Makes sense. I was trying out the binding sizer tool and wasn't reading the entire option. The brand selector is for the bindings and not the boots. I assumed it was for the boots due to the variations in the footprints across the manufacturers. My bad...thanks for clarifying. Enough internet for now...time to go ride!


----------



## Wiredsport (Sep 16, 2009)

F1EA said:


> Nice! Thanks Wired, you're rad.
> 
> This guide confirms i'm screwed. I get an "OR" for almost all bindings........


No kidding! Size 11 men's makes up nearly double the sales of any other single men's size, but enter USM size 11 on the sizer and have a look at how many brands have that as an overlap size.


----------



## F1EA (Oct 25, 2013)

Wiredsport said:


> No kidding! Size 11 men's makes up nearly double the sales of any other single men's size, but enter USM size 11 on the sizer and have a look at how many brands have that as an overlap size.


Totally. The most average/common bootsize... yet it's a struggle to get bindings.

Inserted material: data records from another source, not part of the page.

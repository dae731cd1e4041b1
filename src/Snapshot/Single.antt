-- ===== src/Snapshot/Single.antt =====
-- app/domain/account_snapshot/service.py: the number of snapshots that an account has for a month.
use mathlib.Core.Path.{subst}
use household_back.Base.{
  if◌then◌else◌, Bool-cases, or_else, ℕ, String, ◌≡◌, refl, inl, inr, Bool, true, false, List, [],
  ◌∷◌, map, arith,
}
use household_back.Core.{Date, last_day, ok, ok-injective}
use household_back.Model.{Account, Household, Db}
use household_back.Household.Repository.{find_all_active}
use household_back.Snapshot.Histories.{
  Fresh, has_active_for_month, oldest_active_month, delete_snapshots, delete_histories,
  snapshot_household_portfolio,
}
use household_back.Snapshot.Service.{
  open_accounts, delete_if, save_all, snapshot_row, snapshot_accounts, is_skipped,
  build_and_save_snapshot, months_back, snapshot_catchup_months, snapshot_step, snapshot_months,
  snapshot_households, create_monthly_snapshots_for_all,
}
use household_back.Snapshot.Months.{IsSingle, left_count_le, save_all-IsSingle}

-- The portfolio part touches neither accounts nor snapshots.
snapshot_household_portfolio-IsSingle :
    (le : String → String → Bool) (fresh : Fresh) (household_id : ℕ) (month as_of : Date)
    (replace : Bool) (db : Db)
    → IsSingle db
    → IsSingle (snapshot_household_portfolio le fresh household_id month as_of replace db)
unfolding snapshot_household_portfolio delete_histories
snapshot_household_portfolio-IsSingle le fresh household_id month as_of true db h = h
snapshot_household_portfolio-IsSingle le fresh household_id month as_of false db h = h

delete_if-IsSingle :
    (replace : Bool) (household_id : ℕ) (month : Date) (db : Db)
    → IsSingle db
    → IsSingle (delete_if replace household_id month db)
unfolding delete_snapshots
delete_if-IsSingle true household_id month db h = (
  h.0,
  λ account_id m.
      omega (arith, left_count_le household_id month db account_id m true, h.1 account_id m),
)
delete_if-IsSingle false household_id month db h = h

module _ (le : String → String → Bool) (fresh : Fresh) (household_id : ℕ) (month : Date) (db : Db)
    (h : IsSingle db) where
  abbrev exists : Bool
  exists = has_active_for_month household_id month db

  abbrev base : Db
  base = delete_if exists household_id month db

  emptied-IsSingle :
      (replace : Bool)
      → IsSingle (
          if replace
          then snapshot_household_portfolio le fresh household_id month
              (last_day month.year month.month)
              true
              base
          else base)
  emptied-IsSingle true =
      snapshot_household_portfolio-IsSingle le fresh household_id month _ true base
        (delete_if-IsSingle exists household_id month db h)
  emptied-IsSingle false = delete_if-IsSingle exists household_id month db h

  snapshot_accounts-IsSingle :
      (accounts : List Account)
      → open_accounts household_id base ≡ accounts
      → IsSingle (snapshot_accounts le fresh household_id month exists base accounts).1
  unfolding snapshot_accounts
  snapshot_accounts-IsSingle [] e = emptied-IsSingle exists
  snapshot_accounts-IsSingle (a ∷ accounts) e =
      snapshot_household_portfolio-IsSingle le fresh household_id month
        (last_day month.year month.month) exists
        (save_all fresh (map (snapshot_row le month base) (a ∷ accounts)) base)
        (subst (λ l. IsSingle (save_all fresh (map (snapshot_row le month base) l) base)) e
          (save_all-IsSingle le fresh household_id month db h))

  pub build_and_save_snapshot-IsSingle :
      IsSingle
        (build_and_save_snapshot le fresh household_id month
          (has_active_for_month household_id month db)
          db).1
  unfolding build_and_save_snapshot
  build_and_save_snapshot-IsSingle =
      snapshot_accounts-IsSingle (open_accounts household_id base) refl

module _ (le : String → String → Bool) (fresh : ℕ → Date → Fresh) (target : Date) where
  snapshot_step-IsSingle :
      (household_id : ℕ) (catchup_floor month : Date) (db : Db)
      → IsSingle db
      → IsSingle (snapshot_step le fresh target household_id catchup_floor month db).1
  unfolding snapshot_step
  snapshot_step-IsSingle household_id catchup_floor month db h =
      elim (Bool-cases (is_skipped target household_id catchup_floor month db)) [
        | inl e ↦ rw e h
        | inr e ↦
            rw e (
              build_and_save_snapshot-IsSingle le (fresh household_id month) household_id month db
                h)
      ]

  snapshot_months-IsSingle :
      (household_id : ℕ) (catchup_floor : Date) (months : List Date) (db : Db)
      → IsSingle db
      → IsSingle (snapshot_months le fresh target household_id catchup_floor months db).1
  unfolding snapshot_months
  snapshot_months-IsSingle household_id catchup_floor [] db h = h
  snapshot_months-IsSingle household_id catchup_floor (month ∷ months) db h =
      snapshot_months-IsSingle household_id catchup_floor months _
        (snapshot_step-IsSingle household_id catchup_floor month db h)

  snapshot_households-IsSingle :
      (households : List Household) (db : Db)
      → IsSingle db
      → IsSingle (snapshot_households le fresh target households db).1
  unfolding snapshot_households
  snapshot_households-IsSingle [] db h = h
  snapshot_households-IsSingle (x ∷ xs) db h = snapshot_households-IsSingle xs _ (
      snapshot_months-IsSingle x.id (or_else (oldest_active_month x.id db) target)
        (months_back target 0 snapshot_catchup_months) db h)

  -- The monthly run keeps that accounts have primary keys and that no account has two active
  -- snapshots for one month, whichever months it makes, makes again or skips.
  pub create_monthly_snapshots_for_all-IsSingle :
      (db : Db) (done : ℕ × Db)
      → IsSingle db
      → create_monthly_snapshots_for_all le fresh target db ≡ ok done
      → IsSingle done.1
  unfolding create_monthly_snapshots_for_all
  create_monthly_snapshots_for_all-IsSingle db done h e =
      subst (λ r. IsSingle r.1) (ok-injective e)
        (snapshot_households-IsSingle (find_all_active db) db h)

The issue is with varying shrink-tech though; once everyone matches everyone in footprint, binding sizes will be a bit more straight fwd.

In the meantime, deal with some uneven hang... or go EST.

BTW: this thread should be sticky'ed!


----------



## Mustang18 (Dec 7, 2014)

I have yet to be enlightened upon what the thirtytwo means. What is it?


----------



## Wiredsport (Sep 16, 2009)

Mustang18 said:


> I have yet to be enlightened upon what the thirtytwo means. What is it?


I am assuming it is that magic temperature (F) when good things start to happen for snowboarders. :jumping1:


----------



## neni (Dec 24, 2012)

Wiredsport said:


> I am assuming it is that magic temperature (F) when good things start to happen for snowboarders. :jumping1:


(... and now the rest of the world is firing up their converters to check if it really means what one would expect... Ah, see... it's indeed 0°C. Haha, I guess, the brand "Belowzero" we have over here doesn't make much sense for you in return )

Thanks for the mnemonic! Now I won't forget that magic F number anymore.


----------



## Nerozor (Dec 2, 2011)

I use size 10 boot, the guide recommends M or L for Burton men's bindings.
From my personal experience with Burton Cartel bindings, their size L bindings are too big for a size 10 boot...


----------



## Wiredsport (Sep 16, 2009)

Nerozor said:


> I use size 10 boot, the guide recommends M or L for Burton men's bindings.
> From my personal experience with Burton Cartel bindings, their size L bindings are too big for a size 10 boot...


Hi Nerozor,

Thanks a lot for your response. This will certainly be the experience of some riders with size 10 feet and the Cartels (as the tool suggests) but not all.

From experience there is a substantial group of current boots that will require a size Large in Cartels. Many others will indeed want Medium. This tool shows the manufacturer's suggestion (in this case Burton) for their own product and will also show the range where a suggested size overlap exists.

What boot are you using?


----------



## Nerozor (Dec 2, 2011)

Wiredsport said:


> Hi Nerozor,
> 
> Thanks a lot for your response. This will certainly be the experience of some riders with size 10 feet and the Cartels (as the tool suggests) but not all.
> 
> ...


I use Nike Zoom DKs


----------



## Wiredsport (Sep 16, 2009)

Nerozor said:


> I use Nike Zoom DKs


Makes sense,

The Zooms are pretty much right up the middle volume wise. Our suggestion that is posted on the tool (below the manufacturer's suggested size) is that high volume size 10 boots will want to go with large.


----------



## Extazy (Feb 27, 2014)

Yesterday found out that New Union Carbon bindings arent made for small feet like mine (size 7) They start from 8. Bummer cause I actually liked how stiff and light bindings are. (straps still need more work though)


----------



## Winter_Lion (Nov 30, 2016)

Thanks @Wiredsport for this snow bindings tool! I was just getting ready to order from your store that snowboarding tuning kit but decided to check out what other interesting posts you had. Lucky, I checked out this post because I was about to sell my Burton Stiletto bindings. I was also wondering if you had a tutorial for how to tune a board.

Sent from my VS990 using Tapatalk


----------